L’écrivain Boualem Sansal s’est exprimé pour la première fois depuis son retour en France, après avoir bénéficié d’une mesure de clémence présidentielle algérienne. L’auteur de 81 ans a affirmé son constant engagement en faveur d’une entente renouvelée entre les deux pays, tout en reconnaissant devoir mesurer ses propos dans le contexte diplomatique actuel. Il a souligné que soixante ans après l’indépendance, les références au conflit passé continuaient d’entraver les relations bilatérales.
Interrogé sur les limites imposées à sa liberté d’expression, l’intellectuel a concédé exercer un contrôle rigoureux sur ses formulations. Son attention s’est notamment portée vers le cas du journaliste français Christophe Gleizes, toujours détenu en Algérie et dont le procès en appel doit s’ouvrir prochainement. L’écrivain a précisé avoir appris sa propre libération la veille de son élargissement, après une rencontre en prison avec un interlocuteur qu’il a décrit comme représentant les hautes sphères du pouvoir.

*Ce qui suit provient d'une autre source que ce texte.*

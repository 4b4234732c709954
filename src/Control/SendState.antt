-- ===== src/Control/SendState.antt =====
-- `iperf_set_send_state`, with any kernel and with one that never fails.
use kernel_testkit.Base.{◌≡◌, ◌≢◌, refl, false, List, ◌++◌, arith, ◌⊎◌, inl, inr, Bool-cases}
use kernel_testkit.Base.Int.{ℤ, pos, minus_one, is_neg, to_int, to_int-id}
use kernel_testkit.Base.Run.{Returns, bind}
use kernel_testkit.World.{World, econnrefused, held}
use kernel_testkit.Net.{nwrite}
use kernel_testkit.Net.Read.{IsReliable}
use kernel_testkit.Net.Write.{Writes, NwriteDone, nwrite-Done, nwrite-Full}
use kernel_testkit.Test.{State, lift}
use kernel_testkit.Test.Lift.{Lifted, lift-Returns}
use kernel_testkit.Control.{state_byte, iperf_set_send_state}

abbrev pub at_state : ℤ → State → State
at_state st s = record s { test = record (s.test) { state = st } }

-- The state has changed, and at most its byte has gone out, through the control socket.
abbrev pub StateSent : ℤ → State → ℤ → State → Type 0
StateSent st s r s' =
    (s'.test ≡ (at_state st s).test)
    × (s'.memory ≡ s.memory)
    × (s'.reports ≡ s.reports)
    × (held s'.world.log ≡ held s.world.log)
    × ((bytes : List _) × (left : List _) × (state_byte st ≡ bytes ++ left)
        × (s'.world.outbox s.test.ctrl_sck ≡ s.world.outbox s.test.ctrl_sck ++ bytes)
        × ((q : ℤ) → q ≢ s.test.ctrl_sck → s'.world.outbox q ≡ s.world.outbox q))
    × ((r ≡ pos 0) ⊎ ((r ≡ minus_one) × (s'.world.errno ≡ econnrefused)))

-- Whatever the kernel answers, `iperf_set_send_state` ends and stores the state; it returns 0,
-- or -1 with `errno` ECONNREFUSED, and at most the state's byte has been sent.
pub iperf_set_send_state-StateSent :
    (st : ℤ) (s : State) → Returns (StateSent st s) (iperf_set_send_state st s)
unfolding iperf_set_send_state
iperf_set_send_state-StateSent st s =
    let fd = s.test.ctrl_sck in
    let D = NwriteDone fd (state_byte st) s.world in
    bind (Lifted D (at_state st s)) (StateSent st s)
      (lift (nwrite fd (state_byte st)) (at_state st s)) _
      (lift-Returns D (nwrite fd (state_byte st)) (at_state st s)
        (nwrite-Done fd (state_byte st) s.world))
      λ r s' (d, t, m, p). elim (Bool-cases (is_neg r)) [
        | inl bad ↦
            rw bad (t, m, p, d.3.same_held, (d.0, d.1, d.2, d.3.sent, d.3.others), inr (refl, refl))
        | inr fine ↦
            rw fine (t, m, p, d.3.same_held, (d.0, d.1, d.2, d.3.sent, d.3.others), inl refl)
      ]

abbrev pub StateDelivered : ℤ → State → ℤ → State → Type 0
StateDelivered st s r s' =
    (r ≡ pos 0)
    × (s'.test ≡ (at_state st s).test)
    × (s'.memory ≡ s.memory)
    × (s'.reports ≡ s.reports)
    × Writes s.test.ctrl_sck s.world s'.world (state_byte st)

-- With a kernel that never fails a call, `iperf_set_send_state` sends the byte, stores the state
-- and returns 0.
pub iperf_set_send_state-StateDelivered :
    (st : ℤ) (s : State)
    → IsReliable s.world.reply
    → Returns (StateDelivered st s) (iperf_set_send_state st s)
unfolding iperf_set_send_state
iperf_set_send_state-StateDelivered st s reliable =
    let fd = s.test.ctrl_sck in
    let D = λ (r : ℤ) (w : World). (r ≡ to_int (pos 1)) × Writes fd s.world w (state_byte st) in
    bind (Lifted D (at_state st s)) (StateDelivered st s)
      (lift (nwrite fd (state_byte st)) (at_state st s)) _
      (lift-Returns D (nwrite fd (state_byte st)) (at_state st s)
        (nwrite-Full fd (state_byte st) s.world reliable))
      λ r s' (d, t, m, p).
        let nn : is_neg r ≡ false = rw (d.0, to_int-id (pos 1) (omega arith)) in
        rw nn (refl, t, m, p, d.1)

L’auteur a situé l’origine de ses démêlés judiciaires dans les prises de position françaises concernant le Sahara occidental. Le soutien parisien au plan d’autonomie marocain aurait, selon lui, déclenché une période de fortes tensions ayant influé sur son cas. Malgré des traitements médicaux décrits comme exemplaires pour son cancer de la prostate, il affirme avoir vécu une incarcération éprouvante.
L’écrivain a relaté un échange significatif avec son interlocuteur pénitentiaire, qui s’enquérait de ses futures prises de position. Sansal a alors distingué sa critique du régime algérien de son attachement au pays, réfutant toute accusation d’atteinte à l’unité nationale. Il a par ailleurs évoqué sa relation avec l’ancien ministre Bruno Retailleau, dont les positions fermes auraient pu compliquer sa situation sans en être la cause déterminante.
Reconnu pour son œuvre littéraire et ses prises de position politiques, l’ancien haut fonctionnaire purgeant une peine de cinq ans d’emprisonnement avait été arrêté en novembre 2024 à son arrivée à Alger. Son retour en France s’est effectué via l’Allemagne où il avait reçu des soins médicaux, avant une réception discrète par les autorités françaises.
La réapparition médiatique de Boualem Sansal fait l’objet d’une orchestration minutieuse, avec des interventions programmées dans plusieurs grands médias. Il a révélé au Figaro avoir finalement adopté une stratégie épistolaire plus conciliante envers le président Tebboune, après des missives initialement accusatrices. L’écrivain exprime aujourd’hui le souhait de retourner prochainement en Algérie, considérant ce voyage comme une forme de réparation symbolique après l’épreuve subie.